What the exercise asks ->
The response should be exactly the number of lines in the material below that contain the word "StealsFrom".

Provided records ->
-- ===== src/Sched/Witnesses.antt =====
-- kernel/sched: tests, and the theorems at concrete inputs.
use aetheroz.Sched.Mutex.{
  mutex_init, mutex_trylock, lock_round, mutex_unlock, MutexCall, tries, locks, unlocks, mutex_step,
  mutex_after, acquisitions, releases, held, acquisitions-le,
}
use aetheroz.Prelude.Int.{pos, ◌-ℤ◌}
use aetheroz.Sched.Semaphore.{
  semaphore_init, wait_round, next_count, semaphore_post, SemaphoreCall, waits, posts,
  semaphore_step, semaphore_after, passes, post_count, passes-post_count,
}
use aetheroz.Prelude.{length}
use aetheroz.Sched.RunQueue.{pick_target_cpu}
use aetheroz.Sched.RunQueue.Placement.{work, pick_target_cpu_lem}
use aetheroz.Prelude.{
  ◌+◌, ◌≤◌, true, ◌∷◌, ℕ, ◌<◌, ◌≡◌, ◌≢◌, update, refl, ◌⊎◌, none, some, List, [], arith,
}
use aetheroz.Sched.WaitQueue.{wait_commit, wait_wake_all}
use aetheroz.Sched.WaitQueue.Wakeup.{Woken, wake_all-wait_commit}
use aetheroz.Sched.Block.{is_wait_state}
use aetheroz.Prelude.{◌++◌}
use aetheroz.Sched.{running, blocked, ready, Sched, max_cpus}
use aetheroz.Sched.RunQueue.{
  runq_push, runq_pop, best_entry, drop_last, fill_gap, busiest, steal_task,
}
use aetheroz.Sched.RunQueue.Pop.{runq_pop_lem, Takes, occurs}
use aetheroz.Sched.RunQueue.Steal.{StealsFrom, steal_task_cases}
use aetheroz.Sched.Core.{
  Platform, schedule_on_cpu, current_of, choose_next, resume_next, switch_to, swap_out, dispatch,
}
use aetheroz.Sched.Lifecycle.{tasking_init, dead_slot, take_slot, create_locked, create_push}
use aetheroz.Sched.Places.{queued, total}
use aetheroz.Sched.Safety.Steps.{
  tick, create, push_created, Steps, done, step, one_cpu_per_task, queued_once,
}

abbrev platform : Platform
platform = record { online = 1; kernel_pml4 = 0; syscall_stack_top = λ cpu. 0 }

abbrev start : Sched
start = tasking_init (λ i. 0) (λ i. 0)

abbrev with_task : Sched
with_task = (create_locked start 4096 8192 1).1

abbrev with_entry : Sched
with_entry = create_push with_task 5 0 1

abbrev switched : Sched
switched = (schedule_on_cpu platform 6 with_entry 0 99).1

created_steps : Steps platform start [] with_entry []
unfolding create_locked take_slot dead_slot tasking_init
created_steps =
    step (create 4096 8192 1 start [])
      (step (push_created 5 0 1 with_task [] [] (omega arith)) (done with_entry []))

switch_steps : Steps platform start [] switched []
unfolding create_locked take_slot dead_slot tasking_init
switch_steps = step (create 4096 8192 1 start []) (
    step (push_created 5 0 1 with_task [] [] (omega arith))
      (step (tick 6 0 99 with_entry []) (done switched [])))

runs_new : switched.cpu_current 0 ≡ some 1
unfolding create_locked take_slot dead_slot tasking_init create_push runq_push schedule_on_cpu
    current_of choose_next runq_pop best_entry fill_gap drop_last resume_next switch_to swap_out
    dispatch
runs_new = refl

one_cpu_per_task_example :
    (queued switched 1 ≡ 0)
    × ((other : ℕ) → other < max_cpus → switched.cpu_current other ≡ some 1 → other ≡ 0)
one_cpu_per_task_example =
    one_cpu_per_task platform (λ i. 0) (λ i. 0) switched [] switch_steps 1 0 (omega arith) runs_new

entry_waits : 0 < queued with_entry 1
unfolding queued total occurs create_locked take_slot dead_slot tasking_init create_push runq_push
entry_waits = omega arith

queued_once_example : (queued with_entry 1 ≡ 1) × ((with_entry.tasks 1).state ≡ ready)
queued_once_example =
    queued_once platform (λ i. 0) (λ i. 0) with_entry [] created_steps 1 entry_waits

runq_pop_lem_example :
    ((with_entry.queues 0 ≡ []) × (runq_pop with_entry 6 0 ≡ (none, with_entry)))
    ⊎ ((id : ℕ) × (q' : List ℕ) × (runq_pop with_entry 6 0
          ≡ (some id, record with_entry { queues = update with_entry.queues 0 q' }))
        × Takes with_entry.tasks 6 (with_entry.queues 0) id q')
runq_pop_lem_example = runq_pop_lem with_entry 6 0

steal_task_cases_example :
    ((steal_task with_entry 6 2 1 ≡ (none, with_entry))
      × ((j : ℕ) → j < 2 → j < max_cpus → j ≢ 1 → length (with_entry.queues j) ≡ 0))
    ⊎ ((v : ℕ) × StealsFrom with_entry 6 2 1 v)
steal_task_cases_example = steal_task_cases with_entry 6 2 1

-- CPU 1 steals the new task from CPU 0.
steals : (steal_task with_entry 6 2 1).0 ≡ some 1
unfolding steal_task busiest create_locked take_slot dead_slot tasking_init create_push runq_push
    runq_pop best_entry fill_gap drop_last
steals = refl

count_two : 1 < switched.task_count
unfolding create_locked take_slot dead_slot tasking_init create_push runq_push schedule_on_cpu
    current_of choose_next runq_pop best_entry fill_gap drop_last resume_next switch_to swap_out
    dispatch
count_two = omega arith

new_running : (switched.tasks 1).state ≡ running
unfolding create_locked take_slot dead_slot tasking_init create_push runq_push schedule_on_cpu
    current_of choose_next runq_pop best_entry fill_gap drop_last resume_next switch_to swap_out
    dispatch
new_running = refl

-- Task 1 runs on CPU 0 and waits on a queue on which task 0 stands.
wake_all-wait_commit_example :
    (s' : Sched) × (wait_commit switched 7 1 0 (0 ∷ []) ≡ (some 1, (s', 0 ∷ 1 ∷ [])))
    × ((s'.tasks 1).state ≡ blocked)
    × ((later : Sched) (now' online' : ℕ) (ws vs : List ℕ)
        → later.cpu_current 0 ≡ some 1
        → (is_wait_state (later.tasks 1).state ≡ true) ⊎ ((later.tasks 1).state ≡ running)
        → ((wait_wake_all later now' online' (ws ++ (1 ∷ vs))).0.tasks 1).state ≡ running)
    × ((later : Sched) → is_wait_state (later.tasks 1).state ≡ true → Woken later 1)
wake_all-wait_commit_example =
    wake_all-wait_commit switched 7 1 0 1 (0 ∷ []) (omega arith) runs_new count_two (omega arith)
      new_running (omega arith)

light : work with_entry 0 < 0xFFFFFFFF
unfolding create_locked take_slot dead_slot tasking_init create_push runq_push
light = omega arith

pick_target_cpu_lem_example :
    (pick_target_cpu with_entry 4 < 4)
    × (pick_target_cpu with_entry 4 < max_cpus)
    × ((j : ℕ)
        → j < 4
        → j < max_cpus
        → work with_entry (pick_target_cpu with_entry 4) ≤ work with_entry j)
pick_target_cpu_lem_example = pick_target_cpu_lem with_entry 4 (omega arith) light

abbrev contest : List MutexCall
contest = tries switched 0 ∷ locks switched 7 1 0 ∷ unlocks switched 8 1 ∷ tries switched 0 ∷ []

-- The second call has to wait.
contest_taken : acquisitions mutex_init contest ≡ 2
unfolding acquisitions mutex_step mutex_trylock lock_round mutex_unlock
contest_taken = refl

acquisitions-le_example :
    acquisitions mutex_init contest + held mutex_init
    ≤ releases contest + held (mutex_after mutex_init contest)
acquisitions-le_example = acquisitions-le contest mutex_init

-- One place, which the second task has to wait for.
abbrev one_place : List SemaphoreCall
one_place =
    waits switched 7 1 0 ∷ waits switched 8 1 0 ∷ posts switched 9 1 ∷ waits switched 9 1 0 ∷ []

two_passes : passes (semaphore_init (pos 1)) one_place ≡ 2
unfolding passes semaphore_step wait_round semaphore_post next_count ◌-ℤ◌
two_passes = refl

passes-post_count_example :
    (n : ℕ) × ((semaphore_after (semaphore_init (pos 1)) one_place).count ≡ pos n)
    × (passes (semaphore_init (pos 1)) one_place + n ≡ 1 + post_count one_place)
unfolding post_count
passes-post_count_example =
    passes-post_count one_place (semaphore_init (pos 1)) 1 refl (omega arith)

Output of the task ->
2